Ideally, we would like a background process in a thread that whenever a sentence is finished, it is translated and plotted. This is the following code.

In [2]:
audio_params = AudioParameters()
audio_params.set_sysdefault_microphone_index()
audio_params.set_default_input_parameters()
# audio_params.sample_rate = 16000

In [3]:
mic = audio_params.get_microphone()
r = sr.Recognizer()
calibrate_microphone(mic, r, duration = 3)

Calibrating microphone for 3 seconds.
Calibrated energy threshold:  2279.443015006792


## Record example message to process with the recognizers

In [4]:
filename_mic = '../audios/temp/hello_world.wav'

with mic as source:
    audio = r.listen(source)

with open(filename_mic, "wb") as f:
    f.write(audio.get_wav_data())

In [5]:
tabs = get_audio_menu_wav_file(filename_mic)
display(tabs)

Tab(children=(FigureWidget({
    'data': [{'line': {'color': 'deepskyblue'},
              'name': 'AAPL High'…

# Speech recognition

In the following we will talk about the different transcribers implemented and how to use them.

## 1. speech_recognition library

The speech recognition library has a set of ready to use transcribers:
- sphinx: More software needed to be installed locally.
- google: Limited number of calls.


In [6]:
response = recognize_speech_from_mic(audio_params, duration = 5)

In [7]:
print('\nSuccess : {}\nError   : {}\n\nText from Speech\n{}\n\n{}' \
      .format(response['success'],
              response['error'],
              '-'*17,
              response['transcription']))


Success : True
Error   : Unable to recognize speech

Text from Speech
-----------------

None


## 2. DeepSpeech recognizer

We have installed and used this decoder and created some code on top to easily use it. 

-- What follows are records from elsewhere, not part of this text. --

-- ===== src/Main.antt =====
-- supervisor-app/src/main.cpp: which of the two programs runs, and with which arguments.
use supervisorcpp.Prelude.{
  Bool, true, false, ◌||◌, List, [], ◌∷◌, ◌++◌, Option, none, some, if◌then◌else◌, Bytes, codes,
  begins, bytes_eq, All, ◌≡◌, refl, arith,
}

-- What `main` calls: the daemon, or the control program with `called_supervisorctl`; with the
-- arguments behind the name of the program.
pub data Mode : Type 0 where
  daemon : List Bytes → Mode
  control : Bool → List Bytes → Mode

abbrev pub is_daemon_option : Bytes → Bool
is_daemon_option arg = bytes_eq arg (codes "-d") || bytes_eq arg (codes "--daemon")

-- The loop over the arguments: what is left of them where one asks for the daemon.
unfoldable pub without_daemon : List Bytes → Option (List Bytes)
unfolding begins bytes_eq
without_daemon [] = none
without_daemon (arg ∷ r) =
    let rest = without_daemon r in
    if begins (codes "-") arg
    then (if is_daemon_option arg
        then some r
        else elim rest [ none ↦ none | some kept ↦ some (arg ∷ kept) ])
    else if bytes_eq arg (codes "d")
    then some r
    else none

-- `main`, with `argv[0]` without its directories.
unfoldable pub main_mode : Bytes → List Bytes → Mode
unfolding without_daemon bytes_eq
main_mode program_name args =
    if bytes_eq program_name (codes "supervisorctl")
    then control true args
    else if bytes_eq program_name (codes "supervisord")
    then daemon args
    else elim (without_daemon args) [ some kept ↦ daemon kept | none ↦ control false args ]

-- An option that does not ask for the daemon.
abbrev pub IsSkipped : Bytes → Type 0
IsSkipped arg = (begins (codes "-") arg ≡ true) × (is_daemon_option arg ≡ false)

-- The argument asks for the daemon.
abbrev pub asks_daemon : Bytes → Bool
asks_daemon arg = if begins (codes "-") arg then is_daemon_option arg else bytes_eq arg (codes "d")

without_daemon-found :
    (before after : List Bytes) (arg : Bytes)
    → All IsSkipped before
    → asks_daemon arg ≡ true
    → without_daemon (before ++ arg ∷ after) ≡ some (before ++ after)
unfolding without_daemon
without_daemon-found [] after arg h k = ground (arith, k)
without_daemon-found (b ∷ before) after arg (h, hs) k =
    ground (arith, h, without_daemon-found before after arg hs k)

without_daemon-word :
    (before after : List Bytes) (arg : Bytes)
    → All IsSkipped before
    → begins (codes "-") arg ≡ false
    → asks_daemon arg ≡ false
    → without_daemon (before ++ arg ∷ after) ≡ none
unfolding without_daemon
without_daemon-word [] after arg h d k = ground (arith, d, k)
without_daemon-word (b ∷ before) after arg (h, hs) d k =
    ground (arith, h, without_daemon-word before after arg hs d k)

without_daemon-options : (args : List Bytes) → All IsSkipped args → without_daemon args ≡ none
unfolding without_daemon
without_daemon-options [] h = refl
without_daemon-options (b ∷ args) (h, hs) = ground (arith, h, without_daemon-options args hs)

-- Under a name that is neither of the two programs', behind options that do not ask for it: `-d`,
-- `--daemon` or `d` starts the daemon with all the other arguments in their order; another word, or
-- the end of the arguments, the control program with all of them.
main_mode_lem :
    (name : Bytes) (before after : List Bytes) (arg : Bytes)
    → bytes_eq name (codes "supervisorctl") ≡ false
    → bytes_eq name (codes "supervisord") ≡ false
    → All IsSkipped before
    → (asks_daemon arg ≡ true → main_mode name (before ++ arg ∷ after) ≡ daemon (before ++ after))
      × ((begins (codes "-") arg ≡ false
            → asks_daemon arg ≡ false
            → main_mode name (before ++ arg ∷ after) ≡ control false (before ++ arg ∷ after))
          × (main_mode name before ≡ control false before))
unfolding main_mode
main_mode_lem name before after arg n m h = (
  λ k. rw (n, m, without_daemon-found before after arg h k, main_mode) refl,
  (
    λ d k. rw (n, m, without_daemon-word before after arg h d k, main_mode) refl,
    rw (n, m, without_daemon-options before h, main_mode) refl,
  ),
)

It has the following peculiarities:
- It only works for 16000 sample_rate data, so we need to resample the 48000 recording. Still it is better to record in 48000 and then filter (no just downsamplling) due to aliasing
- It can return metadata with the likelihood of the transformation and the start_time and duration of each word.
- There seems to be an error in the decoder as it always assings the time 0 to the first letter it decodes, independently of when it happens.


In [8]:
args = DeepSpeechArgs()
unwrap(args)

<DeepSpeechArgs>	object has children:
    <str>	model:	../models/deepspeech/deepspeech-0.6.0-mo
    <str>	lm:	../models/deepspeech/deepspeech-0.6.0-mo
    <str>	trie:	../models/deepspeech/deepspeech-0.6.0-mo
    <int>	beam_width:	500
    <float>	lm_alpha:	0.75
    <float>	lm_beta:	1.85




In [9]:
metadata = transcribe(args, filename_mic)

In [10]:
metadata["sentence"]

'i'

In [11]:
metadata["words"]

[{'word': 'i', 'start_time ': 0.0, 'duration': 0.0}]

In [12]:
[[item.character,item.start_time, item.timestep] for item in metadata["characters"].items]

[['i', 0.0, 0]]

In [13]:
tabs = get_audio_menu_wav_file(filename_mic)
add_word_annotations(tabs.children[0],metadata["words"])
display(tabs)

Tab(children=(FigureWidget({
    'data': [{'line': {'color': 'deepskyblue'},
              'name': 'AAPL High'…

In [14]:
play_audio(audio_params, filename_mic)

# Automatic tuning for transcription.

We could store my voice for a few sentences and write down what it should be, then play with preprocessing parameters and the transcriber to find the best set up!

# Transcriber class
Its main goal is to manage the recording and transcription of the data. It makes it available through a time queue.

In [37]:
from pyramidman.Seshat import Transcriber

In [38]:
transcriber = Transcriber()
unwrap(transcriber, max_level = 1)

<Transcriber>	object has children:
    <bool>	_listening:	False
    <bool>	_transcribing:	False
    <Queue>	_audios_queue
    <Queue>	_transcriptions_queue
    <NoneType>	_stop_listen_in_background_func:	None
    <NoneType>	_stop_transcribing_in_background_func:	None
    <int>	item_index:	0
    <list>	_transcriptions

  <list>	_transcriptions has children:

  <Queue>	_transcriptions_queue has children:

  <Queue>	_audios_queue has children:




## Instantiating and calibrating

In [39]:
# Recordings folder is where the sentences will be stored
transcriber.set_automatic_default_recording_variables(recordings_folder="../audios/temp/")
transcriber.set_automatic_default_transcribing_variables()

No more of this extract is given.